-- ===== src/Connections/Devices.antt =====
-- `DeviceConnectionManager` of netops-backend/utils/device_connection_manager.py where Redis is not
-- there: the pool in memory, and the retries of a connect. Times are seconds.
pub mod Retry
pub mod Full
use net_soc_ops.Prelude.{
  ℕ, zero, suc, ◌+◌, ◌-◌, ◌*◌, String, Bool, true, false, not, Option, none, some, List, [], ◌∷◌,
  find, select, update, any, leb, ltb, str_eq, ◌==◌, if◌then◌else◌,
}
use net_soc_ops.Prelude.Results.{Result, ok, err}

pub data ConnectionStatus : Type 0 where
  active idle failed disconnected : ConnectionStatus

-- A connect succeeds, fails with one of the two exceptions that are retried, or with another.
pub data Attempt : Type 0 where
  connected : ℕ → Attempt
  refused : String → Attempt
  crashed : String → Attempt

-- What is raised; `raise None` is a `TypeError`.
pub data Error : Type 0 where
  refusal crash : String → Error
  type_error : Error

-- The result, the number of attempts, and the seconds waited after each of them.
pub record Tried : Type 0 where
  pub outcome : Result Error ℕ
  pub attempts : ℕ
  pub waits : List ℕ

abbrev raise_last : Option String → Result Error ℕ
raise_last none = err type_error
raise_last (some e) = err (refusal e)

-- The loop from one attempt on, with the number of attempts that are left.
unfoldable pub retry_from : (ℕ → Attempt) → ℕ → ℕ → ℕ → Option String → Tried
retry_from connect zero attempt delay last_exception = record {
  outcome = raise_last last_exception;
  attempts = attempt;
  waits = [];
}
retry_from connect (suc left) attempt delay last_exception = elim (connect attempt) [
  | connected c ↦ record { outcome = ok c; attempts = suc attempt; waits = [] }
  | crashed e ↦ record { outcome = err (crash e); attempts = suc attempt; waits = [] }
  | refused e ↦
      let rest = retry_from connect left (suc attempt) (delay * 2) (some e) in
      let last = retry_from connect left (suc attempt) delay (some e) in
      if left == 0 then last else record rest { waits = delay ∷ rest.waits }
]

unfoldable pub retry_connection : (ℕ → Attempt) → ℕ → ℕ → Tried
unfolding retry_from
retry_connection connect max_retries initial_delay =
    retry_from connect max_retries 0 initial_delay none

-- The fields of the manager; a connection is a number.
pub record Manager : Type 0 where
  pub pool : List (String × ℕ)
  pub current : ℕ
  pub total : ℕ
  pub times : List (String × ℕ)
  pub status : List (String × ConnectionStatus)

abbrev pub is_key {ℓ} : {A : Type ℓ} → String → String × A → Bool
is_key key entry = str_eq entry.0 key

-- `d[key] = value`.
abbrev pub put {ℓ} : {A : Type ℓ} → String → A → List (String × A) → List (String × A)
put key value [] = (key, value) ∷ []
put key value (e ∷ es) =
    let rest = put key value es in if str_eq e.0 key then (key, value) ∷ es else e ∷ rest

-- `del d[key]`.
abbrev pub drop {ℓ} : {A : Type ℓ} → String → List (String × A) → List (String × A)
drop key = select (λ e. not (is_key key e))

abbrev pub set_status : String → ConnectionStatus → Manager → Manager
set_status key s m = record m { status = put key s m.status }

-- The counters and the entries of a connection that is new.
unfoldable pub store_connection : ℕ → String → ℕ → Manager → Manager
store_connection now pool_key connection m = record m {
  pool = put pool_key connection m.pool;
  current = suc m.current;
  total = suc m.total;
  times = put pool_key now m.times;
  status = put pool_key active m.status;
}

-- `alive` is `is_alive` of a connection at the time of the call; `none` is the `ValueError` of a
-- pool that has reached its limit.
unfoldable pub add_connection_to_pool : (ℕ → Bool) → ℕ → String → ℕ → Manager → Option Manager
unfolding store_connection
add_connection_to_pool alive now pool_key connection m =
    if leb 100 m.current then none else elim (find (is_key pool_key) m.pool) [
      | none ↦ some (store_connection now pool_key connection m)
      | some (key, conn) ↦
          if alive conn
          then some (set_status pool_key active m)
          else some
              (store_connection now pool_key connection (record m { pool = drop pool_key m.pool }))
    ]

unfoldable pub cleanup_host_connections : String → Manager → Manager
cleanup_host_connections pool_key m = record m { pool = drop pool_key m.pool }

-- The loop over the times of the connections: those not used for thirty minutes.
unfoldable pub cleanup_entries : ℕ → List (String × ℕ) → Manager → Manager
unfolding cleanup_host_connections
cleanup_entries now [] m = m
cleanup_entries now ((pool_key, last_used) ∷ entries) m =
    cleanup_entries now entries
      (if ltb 1800 (now - last_used) then cleanup_host_connections pool_key m else m)

unfoldable pub cleanup_idle_connections : ℕ → Manager → Manager
unfolding cleanup_entries
cleanup_idle_connections now m = cleanup_entries now m.times m

-- `works` is whether the command of the check runs through. The connection, if it is healthy.
unfoldable pub check_connection_health :
    (ℕ → Bool) → (ℕ → Bool) → String → Manager → Option ℕ × Manager
check_connection_health alive works pool_key m = elim (find (is_key pool_key) m.pool) [
  | none ↦ (none, m)
  | some (key, conn) ↦
      if alive conn
      then (if works conn
          then (some conn, set_status pool_key active m)
          else (none, set_status pool_key failed m))
      else (none, set_status pool_key disconnected m)
]

-- A healthy connection is added again; what that raises marks it as failed.
unfoldable pub check_entry :
    (ℕ → Bool) → (ℕ → Bool) → ℕ → String × ConnectionStatus → Manager → Manager
unfolding check_connection_health add_connection_to_pool
check_entry alive works now (pool_key, active) m =
    let (healthy, m') = check_connection_health alive works pool_key m in
    elim healthy [
      | none ↦ m'
      | some connection ↦ elim (add_connection_to_pool alive now pool_key connection m') [
        | none ↦ set_status pool_key failed m'
        | some m'' ↦ m''
      ]
    ]
check_entry alive works now (pool_key, status) m = m

unfoldable pub check_entries :
    (ℕ → Bool) → (ℕ → Bool) → ℕ → List (String × ConnectionStatus) → Manager → Manager
unfolding check_entry
check_entries alive works now [] m = m
check_entries alive works now (e ∷ es) m =
    check_entries alive works now es (check_entry alive works now e m)

unfoldable pub check_connections_health : (ℕ → Bool) → (ℕ → Bool) → ℕ → Manager → Manager
unfolding check_entries
check_connections_health alive works now m = check_entries alive works now m.status m

unfoldable pub get_connection_status : String → Manager → ConnectionStatus
get_connection_status pool_key m = elim (find (is_key pool_key) m.status) [
  | none ↦ disconnected
  | some (key, s) ↦ s
]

━━━━━━━━━━━━━━━━━━━━━━━━━━━━━━

Work required :: A verbatim copy of every entry is needed.

Response ::
-- ===== src/Connections/Devices.antt =====
-- `DeviceConnectionManager` of netops-backend/utils/device_connection_manager.py where Redis is not
-- there: the pool in memory, and the retries of a connect. Times are seconds.
pub mod Retry
pub mod Full
use net_soc_ops.Prelude.{
  ℕ, zero, suc, ◌+◌, ◌-◌, ◌*◌, String, Bool, true, false, not, Option, none, some, List, [], ◌∷◌,
  find, select, update, any, leb, ltb, str_eq, ◌==◌, if◌then◌else◌,
}
use net_soc_ops.Prelude.Results.{Result, ok, err}

pub data ConnectionStatus : Type 0 where
  active idle failed disconnected : ConnectionStatus

-- A connect succeeds, fails with one of the two exceptions that are retried, or with another.
pub data Attempt : Type 0 where
  connected : ℕ → Attempt
  refused : String → Attempt
  crashed : String → Attempt

-- What is raised; `raise None` is a `TypeError`.
pub data Error : Type 0 where
  refusal crash : String → Error
  type_error : Error

-- The result, the number of attempts, and the seconds waited after each of them.
pub record Tried : Type 0 where
  pub outcome : Result Error ℕ
  pub attempts : ℕ
  pub waits : List ℕ

abbrev raise_last : Option String → Result Error ℕ
raise_last none = err type_error
raise_last (some e) = err (refusal e)

-- The loop from one attempt on, with the number of attempts that are left.
unfoldable pub retry_from : (ℕ → Attempt) → ℕ → ℕ → ℕ → Option String → Tried
retry_from connect zero attempt delay last_exception = record {
  outcome = raise_last last_exception;
  attempts = attempt;
  waits = [];
}
retry_from connect (suc left) attempt delay last_exception = elim (connect attempt) [
  | connected c ↦ record { outcome = ok c; attempts = suc attempt; waits = [] }
  | crashed e ↦ record { outcome = err (crash e); attempts = suc attempt; waits = [] }
  | refused e ↦
      let rest = retry_from connect left (suc attempt) (delay * 2) (some e) in
      let last = retry_from connect left (suc attempt) delay (some e) in
      if left == 0 then last else record rest { waits = delay ∷ rest.waits }
]

unfoldable pub retry_connection : (ℕ → Attempt) → ℕ → ℕ → Tried
unfolding retry_from
retry_connection connect max_retries initial_delay =
    retry_from connect max_retries 0 initial_delay none

-- The fields of the manager; a connection is a number.
pub record Manager : Type 0 where
  pub pool : List (String × ℕ)
  pub current : ℕ
  pub total : ℕ
  pub times : List (String × ℕ)
  pub status : List (String × ConnectionStatus)

abbrev pub is_key {ℓ} : {A : Type ℓ} → String → String × A → Bool
is_key key entry = str_eq entry.0 key

-- `d[key] = value`.
abbrev pub put {ℓ} : {A : Type ℓ} → String → A → List (String × A) → List (String × A)
put key value [] = (key, value) ∷ []
put key value (e ∷ es) =
    let rest = put key value es in if str_eq e.0 key then (key, value) ∷ es else e ∷ rest

-- `del d[key]`.
abbrev pub drop {ℓ} : {A : Type ℓ} → String → List (String × A) → List (String × A)
drop key = select (λ e. not (is_key key e))

abbrev pub set_status : String → ConnectionStatus → Manager → Manager
set_status key s m = record m { status = put key s m.status }

-- The counters and the entries of a connection that is new.
unfoldable pub store_connection : ℕ → String → ℕ → Manager → Manager
store_connection now pool_key connection m = record m {
  pool = put pool_key connection m.pool;
  current = suc m.current;
  total = suc m.total;
  times = put pool_key now m.times;
  status = put pool_key active m.status;
}

-- `alive` is `is_alive` of a connection at the time of the call; `none` is the `ValueError` of a
-- pool that has reached its limit.
unfoldable pub add_connection_to_pool : (ℕ → Bool) → ℕ → String → ℕ → Manager → Option Manager
unfolding store_connection
add_connection_to_pool alive now pool_key connection m =
    if leb 100 m.current then none else elim (find (is_key pool_key) m.pool) [
      | none ↦ some (store_connection now pool_key connection m)
      | some (key, conn) ↦
          if alive conn
          then some (set_status pool_key active m)
          else some
              (store_connection now pool_key connection (record m { pool = drop pool_key m.pool }))
    ]

unfoldable pub cleanup_host_connections : String → Manager → Manager
cleanup_host_connections pool_key m = record m { pool = drop pool_key m.pool }

-- The loop over the times of the connections: those not used for thirty minutes.
unfoldable pub cleanup_entries : ℕ → List (String × ℕ) → Manager → Manager
unfolding cleanup_host_connections
cleanup_entries now [] m = m
cleanup_entries now ((pool_key, last_used) ∷ entries) m =
    cleanup_entries now entries
      (if ltb 1800 (now - last_used) then cleanup_host_connections pool_key m else m)

unfoldable pub cleanup_idle_connections : ℕ → Manager → Manager
unfolding cleanup_entries
cleanup_idle_connections now m = cleanup_entries now m.times m

-- `works` is whether the command of the check runs through. The connection, if it is healthy.
unfoldable pub check_connection_health :
    (ℕ → Bool) → (ℕ → Bool) → String → Manager → Option ℕ × Manager
check_connection_health alive works pool_key m = elim (find (is_key pool_key) m.pool) [
  | none ↦ (none, m)
  | some (key, conn) ↦
      if alive conn
      then (if works conn
          then (some conn, set_status pool_key active m)
          else (none, set_status pool_key failed m))
      else (none, set_status pool_key disconnected m)
]

-- A healthy connection is added again; what that raises marks it as failed.
unfoldable pub check_entry :
    (ℕ → Bool) → (ℕ → Bool) → ℕ → String × ConnectionStatus → Manager → Manager
unfolding check_connection_health add_connection_to_pool
check_entry alive works now (pool_key, active) m =
    let (healthy, m') = check_connection_health alive works pool_key m in
    elim healthy [
      | none ↦ m'
      | some connection ↦ elim (add_connection_to_pool alive now pool_key connection m') [
        | none ↦ set_status pool_key failed m'
        | some m'' ↦ m''
      ]
    ]
check_entry alive works now (pool_key, status) m = m

unfoldable pub check_entries :
    (ℕ → Bool) → (ℕ → Bool) → ℕ → List (String × ConnectionStatus) → Manager → Manager
unfolding check_entry
check_entries alive works now [] m = m
check_entries alive works now (e ∷ es) m =
    check_entries alive works now es (check_entry alive works now e m)

unfoldable pub check_connections_health : (ℕ → Bool) → (ℕ → Bool) → ℕ → Manager → Manager
unfolding check_entries
check_connections_health alive works now m = check_entries alive works now m.status m

unfoldable pub get_connection_status : String → Manager → ConnectionStatus
get_connection_status pool_key m = elim (find (is_key pool_key) m.status) [
  | none ↦ disconnected
  | some (key, s) ↦ s
]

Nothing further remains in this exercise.